We implement it in the .\COBY
subfolder for easy integration with the existing system
Architecture
High-Level Architecture
graph TB
subgraph "Exchange Connectors"
E1[Binance WebSocket]
E2[Coinbase WebSocket]
E3[Kraken WebSocket]
E4[Bybit WebSocket]
E5[OKX WebSocket]
E6[Huobi WebSocket]
E7[KuCoin WebSocket]
E8[Gate.io WebSocket]
E9[Bitfinex WebSocket]
E10[MEXC WebSocket]
end
subgraph "Data Processing Layer"
DP[Data Processor]
AGG[Aggregation Engine]
NORM[Data Normalizer]
end
subgraph "Storage Layer"
TSDB[(TimescaleDB)]
CACHE[Redis Cache]
end
subgraph "API Layer"
LIVE[Live Data API]
REPLAY[Replay API]
WEB[Web Dashboard]
end
subgraph "Integration Layer"
ORCH[Orchestrator Interface]
ADAPTER[Data Adapter]
end
E1 --> DP
E2 --> DP
E3 --> DP
E4 --> DP
E5 --> DP
E6 --> DP
E7 --> DP
E8 --> DP
E9 --> DP
E10 --> DP
DP --> NORM
NORM --> AGG
AGG --> TSDB
AGG --> CACHE
CACHE --> LIVE
TSDB --> REPLAY
LIVE --> WEB
REPLAY --> WEB
LIVE --> ADAPTER
REPLAY --> ADAPTER
ADAPTER --> ORCH
Component Architecture
The system is organized into several key components:
- Exchange Connectors: WebSocket clients for each exchange
- Data Processing Engine: Normalizes and validates incoming data
- Aggregation Engine: Creates price buckets and heatmaps
- Storage Layer: TimescaleDB for persistence, Redis for caching
- API Layer: REST and WebSocket APIs for data access
- Web Dashboard: Real-time visualization interface
- Integration Layer: Orchestrator-compatible interface
Components and Interfaces
Exchange Connector Interface
class ExchangeConnector:
"""Base interface for exchange WebSocket connectors"""
async def connect(self) -> bool
async def disconnect(self) -> None
async def subscribe_orderbook(self, symbol: str) -> None
async def subscribe_trades(self, symbol: str) -> None
def get_connection_status(self) -> ConnectionStatus
def add_data_callback(self, callback: Callable) -> None
Data Processing Interface
class DataProcessor:
"""Processes and normalizes raw exchange data"""

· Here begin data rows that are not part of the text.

-- ===== src/FeePeriods.antt =====
-- packages/ai-core/src/ai_core/tools/fees_common.py: how the words of a question become the months
-- and the scope of a bill. The regular expression and the current year are parameters.
pub mod Months
use liviq.Base.{
  ℕ, zero, suc, ◌+◌, ◌-◌, Bool, true, false, ◌&&◌, ◌||◌, not, Option, none, some, List, [], ◌∷◌,
  ◌++◌, map, if◌then◌else◌, ◌==◌, ltb, leb, is_empty, is_some, filter, length, Text, codes, strip,
  mem_text, join,
}
use liviq.Base.Decimal.{dec}

-- The groups of `_MONTH_TOKEN`: the year, the month, and whether the marker stands behind it.
pub record MonthMatch : Type 0 where
  pub year : Option ℕ
  pub month : ℕ
  pub marker : Bool

-- `f"{n:04d}"` and the like: zeros up to a width
abbrev pub zeros : ℕ → Text
zeros zero = []
zeros (suc n) = 48 ∷ zeros n

abbrev pub padded : ℕ → ℕ → Text
padded width n = zeros (width - length (dec n)) ++ dec n

-- `value.split(",")`
unfoldable pub split_from : Text → Text → List Text
split_from current [] = current ∷ []
split_from current (c ∷ s) =
    let rest = split_from (if c == 44 then [] else current ++ c ∷ []) s in
    if c == 44 then current ∷ rest else rest

abbrev pub printed_month : ℕ → ℕ → Text
printed_month year month = padded 4 year ++ (45 ∷ padded 2 month)

-- `all` of the list, or none
unfoldable pub all_some : List (Option Text) → Option (List Text)
all_some [] = some []
all_some (o ∷ os) = elim o [
  | none ↦ none
  | some t ↦ elim (all_some os) [ none ↦ none | some ts ↦ some (t ∷ ts) ]
]

module _ (is_space : ℕ → Bool) (match : Text → Option MonthMatch) (this_year : ℕ) where
  -- `fold_period_token`
  unfoldable pub fold_period_token : Text → Bool → Option Text
  fold_period_token value require_marker = elim (match (strip is_space value)) [
    | none ↦ none
    | some m ↦
        if require_marker && not (is_some m.year || m.marker)
        then none
        else if not (leb 1 m.month && leb m.month 12)
        then none
        else some (printed_month (elim m.year [ some y ↦ y | none ↦ this_year ]) m.month)
  ]

  -- `fold_periods`, on a text
  unfoldable pub fold_periods : Text → Text
  fold_periods value =
      if is_empty (strip is_space value)
      then value
      else elim (all_some (map (λ part. fold_period_token part false) (split_from [] value))) [
        | none ↦ value
        | some months ↦ join (44 ∷ []) months
      ]
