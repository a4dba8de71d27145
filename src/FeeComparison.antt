-- ===== src/FeeComparison.antt =====
-- packages/ai-core/src/ai_core/tools/fees_compare.py and fees_common.py: what a bill, a building and
-- the whole complex are compared by. The rows that the SQL queries give are parameters.
pub mod Arguments
pub mod Answer
pub mod Disclosed
use liviq.Base.{
  ℕ, suc, ◌+◌, ◌-◌, Bool, true, false, ◌&&◌, ◌||◌, not, Option, none, some, List, [], ◌∷◌, ◌++◌,
  map, if◌then◌else◌, ◌==◌, ltb, leb, is_empty, filter, any, length, Text, codes, text_eq, strip,
  contains, mem_text, join,
}
use liviq.Base.Int.{ℤ, pos, negsuc, pos_part, neg_part}
use liviq.Base.Decimal.{dec}
use liviq.Base.Sort.{sorted}
use liviq.Budget.{text_ltb}
use liviq.FeePeriods.{split_from}

abbrev pub min_peer_sample : ℕ
min_peer_sample = 10

abbrev pub complex_scope : Text
complex_scope = codes "__complex__"

abbrev pub self_scope : Text
self_scope = codes "__self__"

abbrev pub self_label : Text
self_label = codes "우리집"

abbrev pub complex_label : Text
complex_label = codes "단지 전체"

-- An entry of `fees.breakdown` that is a dict, with what `get` gives for a missing key.
pub record Entry : Type 0 where
  pub name : Text
  pub level : ℤ
  pub amount : ℤ

-- The list, with none for an entry that is no dict; the earlier format; or neither.
pub data Breakdown : Type 0 where
  entries : List (Option Entry) → Breakdown
  earlier : List (Text × ℤ) → Breakdown
  unknown : Breakdown

abbrev is_level : ℕ → ℤ → Bool
is_level n (pos m) = n == m
is_level n (negsuc m) = false

abbrev positive : ℤ → Bool
positive z = ltb 0 (pos_part z)

unfoldable pub top_items : List (Option Entry) → List (Text × ℤ)
top_items [] = []
top_items (none ∷ es) = top_items es
top_items (some e ∷ es) =
    let rest = top_items es in
    if is_empty e.name || (text_eq e.name (codes "합계") || not (is_level 0 e.level))
    then rest
    else (e.name, e.amount) ∷ rest

unfoldable pub breakdown_items : Breakdown → List (Text × ℤ)
breakdown_items (entries es) = top_items es
breakdown_items (earlier items) = items
breakdown_items unknown = []

unfoldable pub detail_items : List (Option Entry) → List (Text × ℤ)
detail_items [] = []
detail_items (none ∷ es) = detail_items es
detail_items (some e ∷ es) =
    let rest = detail_items es in
    if (is_empty e.name || (text_eq e.name (codes "합계") || not (positive e.amount)))
      || not (is_level 1 e.level || is_level 2 e.level)
    then rest
    else (e.name, e.amount) ∷ rest

unfoldable pub fee_detail_items : Breakdown → List (Text × ℤ)
fee_detail_items (entries es) = detail_items es
fee_detail_items _ = []

pub record UserRow : Type 0 where
  pub household_id : Option Text
  -- the month of `approved_at`
  pub approved : Option Text

pub record FeeRow : Type 0 where
  pub total_amount : Option ℤ
  pub breakdown : Breakdown

pub record TotalRow : Type 0 where
  pub avg_total : Option ℤ
  pub sample_size : Option ℕ

-- What the queries give for the complex and the user of the context. `dong` are the names of a
-- building.
pub record Queries : Type 0 where
  pub user : Option UserRow
  pub fee : (household_id period : Text) → Option FeeRow
  pub latest_period : Option Text
  pub complex_total : (period : Text) → Option TotalRow
  pub dong_total : (dong : List Text) (period : Text) → Option TotalRow
  pub complex_items : (period : Text) → List (Text × Option ℤ)
  pub dong_items : (dong : List Text) (period : Text) → List (Text × Option ℤ)

pub record SelfHousehold : Type 0 where
  pub household_id : Text
  pub approved : Text

unfoldable pub self_household : Queries → Option SelfHousehold
self_household q = elim q.user [
  | none ↦ none
  | some row ↦ elim row.household_id [
    | none ↦ none
    | some id ↦ some (record {
      household_id = id;
      approved = elim row.approved [ none ↦ codes "9999-12" | some month ↦ month ];
    })
  ]
]

unfoldable pub latest_confirmed_period : Queries → Option Text
latest_confirmed_period q = elim q.latest_period [
  | none ↦ none
  | some period ↦ if is_empty period then none else some period
]

pub data TargetKind : Type 0 where
  own dong complex : TargetKind

pub record CompareRow : Type 0 where
  pub label : Text
  pub kind : TargetKind
  pub amount : Option ℤ
  pub sample_size : Option ℕ
  pub note : Text

pub record Resolved : Type 0 where
  pub row : CompareRow
  pub item_name : Text
  pub candidates : List Text

unfoldable pub label_of : Text → Text
label_of token =
    if text_eq token self_scope
    then self_label
    else if text_eq token complex_scope
    then complex_label
    else token

abbrev pub unavailable : Text → TargetKind → Text → List Text → Resolved
unavailable label kind note candidates = record {
  row = record { label = label; kind = kind; amount = none; sample_size = none; note = note };
  item_name = [];
  candidates = candidates;
}

abbrev pub found : Text → TargetKind → ℤ → Option ℕ → Text → Resolved
found label kind amount sample_size item_name = record {
  row = record {
    label = label;
    kind = kind;
    amount = some amount;
    sample_size = sample_size;
    note = [];
  };
  item_name = item_name;
  candidates = [];
}

abbrev pub compact : Text → Text
compact s = filter (λ c. not (c == 32)) s

-- The first exact match, or else the only partial one
unfoldable pub chosen : List (Text × ℤ) → List (Text × ℤ) → Option (Text × ℤ) × List Text
chosen (i ∷ _) partial = (some i, [])
chosen [] [] = (none, [])
chosen [] (i ∷ rest) =
    if is_empty rest then (some i, []) else (none, map (λ (j : Text × ℤ). j.0) (i ∷ rest))

unfoldable pub pick_item : Text → List (Text × ℤ) → Option (Text × ℤ) × List Text
pick_item query items =
    chosen (filter (λ (i : Text × ℤ). text_eq (compact i.0) (compact query)) items)
      (filter (λ (i : Text × ℤ). contains (compact query) (compact i.0)) items)

unfoldable pub of_picked :
    Text → TargetKind → Option ℕ → Text → Option (Text × ℤ) × List Text → Resolved
of_picked label kind sample_size item (none, candidates) =
    unavailable label kind (codes "'" ++ (item ++ codes "' 항목 없음")) candidates
of_picked label kind sample_size item (some (name, amount), candidates) =
    found label kind amount sample_size name

-- The value of an item, or the candidates for its name
unfoldable pub of_item : Text → TargetKind → Option ℕ → Text → List (Text × ℤ) → Resolved
of_item label kind sample_size item items =
    of_picked label kind sample_size item (pick_item item items)

unfoldable pub own_value : Breakdown → Option Text → Option ℤ → Resolved
own_value breakdown item none = unavailable self_label own (codes "관리비 내역 없음") []
own_value breakdown none (some total) = found self_label own total none []
own_value breakdown (some item) (some total) =
    of_item self_label own none item (breakdown_items breakdown ++ fee_detail_items breakdown)

unfoldable pub of_fee : Option Text → Option FeeRow → Resolved
of_fee item none = unavailable self_label own (codes "관리비 내역 없음") []
of_fee item (some fee) = own_value fee.breakdown item fee.total_amount

unfoldable pub of_household : Queries → Text → Option Text → Option SelfHousehold → Resolved
of_household q period item none = unavailable self_label own (codes "세대 미배정으로 확인 불가") []
of_household q period item (some me) =
    if text_ltb period me.approved
    then unavailable self_label own (codes "입주 승인 이전이라 확인 불가") []
    else of_fee item (q.fee me.household_id period)

unfoldable pub self_target : Queries → Text → Option Text → Resolved
self_target q period item = of_household q period item (self_household q)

def normalize_orderbook(self, raw_data: Dict, exchange: str) -> OrderBookSnapshot
def normalize_trade(self, raw_data: Dict, exchange: str) -> TradeEvent
def validate_data(self, data: Union[OrderBookSnapshot, TradeEvent]) -> bool
def calculate_metrics(self, orderbook: OrderBookSnapshot) -> OrderBookMetrics
Aggregation Engine Interface
class AggregationEngine:
"""Aggregates data into price buckets and heatmaps"""
def create_price_buckets(self, orderbook: OrderBookSnapshot, bucket_size: float) -> PriceBuckets
def update_heatmap(self, symbol: str, buckets: PriceBuckets) -> HeatmapData
def calculate_imbalances(self, orderbook: OrderBookSnapshot) -> ImbalanceMetrics
def aggregate_across_exchanges(self, symbol: str) -> ConsolidatedOrderBook
Storage Interface
class StorageManager:
"""Manages data persistence and retrieval"""
async def store_orderbook(self, data: OrderBookSnapshot) -> bool
async def store_trade(self, data: TradeEvent) -> bool
async def get_historical_data(self, symbol: str, start: datetime, end: datetime) -> List[Dict]
async def get_latest_data(self, symbol: str) -> Dict
def setup_database_schema(self) -> None
Replay Interface
class ReplayManager:
"""Provides historical data replay functionality"""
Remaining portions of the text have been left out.